__DATA EXCERPTS__:
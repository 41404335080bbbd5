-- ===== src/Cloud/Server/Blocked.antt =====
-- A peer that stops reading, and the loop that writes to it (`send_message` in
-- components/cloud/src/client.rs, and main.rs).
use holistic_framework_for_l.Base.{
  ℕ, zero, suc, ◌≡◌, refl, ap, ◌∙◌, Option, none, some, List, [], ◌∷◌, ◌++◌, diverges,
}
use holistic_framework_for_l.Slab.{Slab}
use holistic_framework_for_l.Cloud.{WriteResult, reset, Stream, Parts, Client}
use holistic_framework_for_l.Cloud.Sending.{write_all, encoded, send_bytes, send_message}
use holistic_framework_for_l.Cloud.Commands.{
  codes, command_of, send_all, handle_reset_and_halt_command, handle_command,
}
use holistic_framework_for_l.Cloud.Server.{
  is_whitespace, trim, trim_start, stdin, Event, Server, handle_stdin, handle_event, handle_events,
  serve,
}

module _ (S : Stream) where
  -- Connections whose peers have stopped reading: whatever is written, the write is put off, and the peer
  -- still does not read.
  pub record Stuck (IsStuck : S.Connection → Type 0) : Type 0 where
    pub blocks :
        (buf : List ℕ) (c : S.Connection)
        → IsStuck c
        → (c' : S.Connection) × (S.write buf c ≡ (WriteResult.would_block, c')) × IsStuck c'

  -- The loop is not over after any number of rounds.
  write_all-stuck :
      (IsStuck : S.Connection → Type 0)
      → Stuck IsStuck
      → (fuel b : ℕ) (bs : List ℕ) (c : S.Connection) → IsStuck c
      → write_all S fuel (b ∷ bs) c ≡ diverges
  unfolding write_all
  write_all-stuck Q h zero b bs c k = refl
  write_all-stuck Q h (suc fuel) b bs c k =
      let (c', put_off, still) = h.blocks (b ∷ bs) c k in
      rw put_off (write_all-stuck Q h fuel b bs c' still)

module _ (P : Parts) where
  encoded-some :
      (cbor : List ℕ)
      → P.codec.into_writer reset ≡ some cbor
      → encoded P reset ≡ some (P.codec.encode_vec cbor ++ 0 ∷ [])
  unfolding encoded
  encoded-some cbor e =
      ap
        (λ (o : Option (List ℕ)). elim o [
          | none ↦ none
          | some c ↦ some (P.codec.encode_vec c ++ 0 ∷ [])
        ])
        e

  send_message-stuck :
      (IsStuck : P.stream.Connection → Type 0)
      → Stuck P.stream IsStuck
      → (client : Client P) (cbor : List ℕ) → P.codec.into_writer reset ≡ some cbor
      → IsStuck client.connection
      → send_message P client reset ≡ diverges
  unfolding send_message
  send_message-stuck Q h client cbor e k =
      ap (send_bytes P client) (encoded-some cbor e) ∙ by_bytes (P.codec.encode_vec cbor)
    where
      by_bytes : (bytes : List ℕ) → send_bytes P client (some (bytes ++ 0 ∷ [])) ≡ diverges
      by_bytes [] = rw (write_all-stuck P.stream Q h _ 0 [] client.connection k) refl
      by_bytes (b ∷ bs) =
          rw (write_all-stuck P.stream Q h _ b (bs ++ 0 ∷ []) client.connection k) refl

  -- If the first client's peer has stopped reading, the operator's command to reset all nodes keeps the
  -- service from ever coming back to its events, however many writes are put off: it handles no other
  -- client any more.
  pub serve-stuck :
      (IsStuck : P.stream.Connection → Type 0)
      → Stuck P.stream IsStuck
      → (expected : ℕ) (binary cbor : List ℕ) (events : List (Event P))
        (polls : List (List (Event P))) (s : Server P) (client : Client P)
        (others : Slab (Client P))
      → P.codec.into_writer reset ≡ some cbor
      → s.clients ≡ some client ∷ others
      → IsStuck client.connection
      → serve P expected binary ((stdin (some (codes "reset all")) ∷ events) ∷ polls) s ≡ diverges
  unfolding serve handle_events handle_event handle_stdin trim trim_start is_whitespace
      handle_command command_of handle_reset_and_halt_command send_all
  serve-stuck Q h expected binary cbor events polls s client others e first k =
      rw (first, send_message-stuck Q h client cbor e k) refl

---

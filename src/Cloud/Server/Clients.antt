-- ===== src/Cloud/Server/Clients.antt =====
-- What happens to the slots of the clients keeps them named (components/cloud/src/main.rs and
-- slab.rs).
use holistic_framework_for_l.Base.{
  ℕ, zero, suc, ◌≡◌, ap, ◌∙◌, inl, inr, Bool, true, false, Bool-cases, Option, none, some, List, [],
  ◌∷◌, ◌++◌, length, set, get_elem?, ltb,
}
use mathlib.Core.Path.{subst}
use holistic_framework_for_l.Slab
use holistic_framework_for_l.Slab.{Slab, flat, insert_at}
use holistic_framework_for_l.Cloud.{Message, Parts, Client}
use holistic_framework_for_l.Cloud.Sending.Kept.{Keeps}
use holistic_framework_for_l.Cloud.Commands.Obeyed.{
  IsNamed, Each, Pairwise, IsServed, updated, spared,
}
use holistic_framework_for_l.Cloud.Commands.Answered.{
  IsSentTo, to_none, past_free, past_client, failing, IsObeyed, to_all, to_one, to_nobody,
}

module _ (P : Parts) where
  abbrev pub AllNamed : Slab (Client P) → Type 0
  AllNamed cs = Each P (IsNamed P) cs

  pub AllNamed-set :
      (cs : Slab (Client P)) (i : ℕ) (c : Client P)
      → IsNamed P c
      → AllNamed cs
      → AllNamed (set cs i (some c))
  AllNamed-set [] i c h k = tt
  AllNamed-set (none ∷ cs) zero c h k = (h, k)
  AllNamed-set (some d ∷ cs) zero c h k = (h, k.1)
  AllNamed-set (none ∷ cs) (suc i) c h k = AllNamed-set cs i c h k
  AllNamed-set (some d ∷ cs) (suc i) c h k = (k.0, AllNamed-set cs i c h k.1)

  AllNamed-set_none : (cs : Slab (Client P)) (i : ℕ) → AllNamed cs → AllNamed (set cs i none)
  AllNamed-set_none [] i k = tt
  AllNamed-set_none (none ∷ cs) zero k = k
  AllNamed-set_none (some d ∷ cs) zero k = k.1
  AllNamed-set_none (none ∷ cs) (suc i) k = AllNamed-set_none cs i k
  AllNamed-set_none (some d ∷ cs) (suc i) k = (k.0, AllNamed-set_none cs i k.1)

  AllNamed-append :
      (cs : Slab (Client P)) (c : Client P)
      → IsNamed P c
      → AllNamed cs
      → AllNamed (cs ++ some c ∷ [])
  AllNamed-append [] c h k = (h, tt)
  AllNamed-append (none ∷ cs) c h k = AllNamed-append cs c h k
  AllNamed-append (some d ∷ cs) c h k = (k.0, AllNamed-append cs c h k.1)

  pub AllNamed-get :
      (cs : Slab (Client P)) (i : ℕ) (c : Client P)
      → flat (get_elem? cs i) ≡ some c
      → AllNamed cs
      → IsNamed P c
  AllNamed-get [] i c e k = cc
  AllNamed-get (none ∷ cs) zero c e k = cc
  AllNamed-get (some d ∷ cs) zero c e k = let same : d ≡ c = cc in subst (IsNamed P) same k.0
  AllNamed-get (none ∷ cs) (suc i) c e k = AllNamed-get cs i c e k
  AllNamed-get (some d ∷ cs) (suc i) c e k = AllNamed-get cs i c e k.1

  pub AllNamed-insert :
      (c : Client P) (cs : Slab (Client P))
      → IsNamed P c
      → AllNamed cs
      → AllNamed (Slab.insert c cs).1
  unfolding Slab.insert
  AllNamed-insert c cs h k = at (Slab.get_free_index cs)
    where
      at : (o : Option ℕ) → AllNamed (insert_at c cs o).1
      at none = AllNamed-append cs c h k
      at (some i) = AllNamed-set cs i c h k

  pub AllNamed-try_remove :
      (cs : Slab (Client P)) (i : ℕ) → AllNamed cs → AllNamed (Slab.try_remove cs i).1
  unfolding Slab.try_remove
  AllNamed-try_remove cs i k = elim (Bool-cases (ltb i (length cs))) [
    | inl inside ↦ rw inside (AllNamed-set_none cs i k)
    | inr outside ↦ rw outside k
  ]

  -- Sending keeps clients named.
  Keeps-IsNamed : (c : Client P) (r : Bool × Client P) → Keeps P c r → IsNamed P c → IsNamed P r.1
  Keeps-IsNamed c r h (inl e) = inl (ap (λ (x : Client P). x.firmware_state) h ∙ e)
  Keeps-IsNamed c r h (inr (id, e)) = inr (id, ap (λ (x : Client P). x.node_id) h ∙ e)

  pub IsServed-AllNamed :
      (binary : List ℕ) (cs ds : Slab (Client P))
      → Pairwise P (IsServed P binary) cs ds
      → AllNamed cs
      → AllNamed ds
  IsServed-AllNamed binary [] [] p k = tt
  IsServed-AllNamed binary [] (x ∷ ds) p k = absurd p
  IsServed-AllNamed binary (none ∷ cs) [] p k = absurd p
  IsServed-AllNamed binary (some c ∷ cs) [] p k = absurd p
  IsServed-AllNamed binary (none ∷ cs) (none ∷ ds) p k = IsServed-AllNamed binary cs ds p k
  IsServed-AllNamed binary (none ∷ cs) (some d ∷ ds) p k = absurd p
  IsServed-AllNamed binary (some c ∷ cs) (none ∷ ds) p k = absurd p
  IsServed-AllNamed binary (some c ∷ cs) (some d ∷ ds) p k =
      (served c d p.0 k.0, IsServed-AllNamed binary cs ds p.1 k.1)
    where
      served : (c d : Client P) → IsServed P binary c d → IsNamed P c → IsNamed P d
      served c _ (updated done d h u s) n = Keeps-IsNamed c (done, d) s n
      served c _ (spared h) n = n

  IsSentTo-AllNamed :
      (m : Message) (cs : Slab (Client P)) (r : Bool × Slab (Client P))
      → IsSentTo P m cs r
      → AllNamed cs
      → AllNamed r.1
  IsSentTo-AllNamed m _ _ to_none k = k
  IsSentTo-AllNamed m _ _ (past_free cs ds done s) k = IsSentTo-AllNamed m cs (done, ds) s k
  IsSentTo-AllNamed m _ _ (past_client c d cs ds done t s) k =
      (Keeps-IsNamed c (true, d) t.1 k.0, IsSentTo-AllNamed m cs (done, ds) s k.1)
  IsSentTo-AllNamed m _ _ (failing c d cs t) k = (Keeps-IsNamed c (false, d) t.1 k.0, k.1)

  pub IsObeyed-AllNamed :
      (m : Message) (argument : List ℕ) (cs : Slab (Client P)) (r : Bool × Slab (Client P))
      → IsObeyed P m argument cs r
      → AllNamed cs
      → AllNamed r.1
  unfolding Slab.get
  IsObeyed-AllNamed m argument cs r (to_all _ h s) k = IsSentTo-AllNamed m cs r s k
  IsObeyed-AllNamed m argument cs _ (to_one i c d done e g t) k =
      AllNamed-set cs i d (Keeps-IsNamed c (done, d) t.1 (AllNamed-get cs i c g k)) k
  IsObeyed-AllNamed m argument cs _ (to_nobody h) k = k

__TASK TO COMPLETE__: Could you repeat exactly the lines above from the line with "repository 41404335080bbbd5" up to and including the line with "reset ≡ diverges", and only those?

__EXERCISE SOLUTION__:
repository 41404335080bbbd5
-- ===== src/Cloud/Server/Blocked.antt =====
-- A peer that stops reading, and the loop that writes to it (`send_message` in
-- components/cloud/src/client.rs, and main.rs).
use holistic_framework_for_l.Base.{
  ℕ, zero, suc, ◌≡◌, refl, ap, ◌∙◌, Option, none, some, List, [], ◌∷◌, ◌++◌, diverges,
}
use holistic_framework_for_l.Slab.{Slab}
use holistic_framework_for_l.Cloud.{WriteResult, reset, Stream, Parts, Client}
use holistic_framework_for_l.Cloud.Sending.{write_all, encoded, send_bytes, send_message}
use holistic_framework_for_l.Cloud.Commands.{
  codes, command_of, send_all, handle_reset_and_halt_command, handle_command,
}
use holistic_framework_for_l.Cloud.Server.{
  is_whitespace, trim, trim_start, stdin, Event, Server, handle_stdin, handle_event, handle_events,
  serve,
}

module _ (S : Stream) where
  -- Connections whose peers have stopped reading: whatever is written, the write is put off, and the peer
  -- still does not read.
  pub record Stuck (IsStuck : S.Connection → Type 0) : Type 0 where
    pub blocks :
        (buf : List ℕ) (c : S.Connection)
        → IsStuck c
        → (c' : S.Connection) × (S.write buf c ≡ (WriteResult.would_block, c')) × IsStuck c'

  -- The loop is not over after any number of rounds.
  write_all-stuck :
      (IsStuck : S.Connection → Type 0)
      → Stuck IsStuck
      → (fuel b : ℕ) (bs : List ℕ) (c : S.Connection) → IsStuck c
      → write_all S fuel (b ∷ bs) c ≡ diverges
  unfolding write_all
  write_all-stuck Q h zero b bs c k = refl
  write_all-stuck Q h (suc fuel) b bs c k =
      let (c', put_off, still) = h.blocks (b ∷ bs) c k in
      rw put_off (write_all-stuck Q h fuel b bs c' still)

module _ (P : Parts) where
  encoded-some :
      (cbor : List ℕ)
      → P.codec.into_writer reset ≡ some cbor
      → encoded P reset ≡ some (P.codec.encode_vec cbor ++ 0 ∷ [])
  unfolding encoded
  encoded-some cbor e =
      ap
        (λ (o : Option (List ℕ)). elim o [
          | none ↦ none
          | some c ↦ some (P.codec.encode_vec c ++ 0 ∷ [])
        ])
        e

  send_message-stuck :
      (IsStuck : P.stream.Connection → Type 0)
      → Stuck P.stream IsStuck
      → (client : Client P) (cbor : List ℕ) → P.codec.into_writer reset ≡ some cbor
      → IsStuck client.connection
      → send_message P client reset ≡ diverges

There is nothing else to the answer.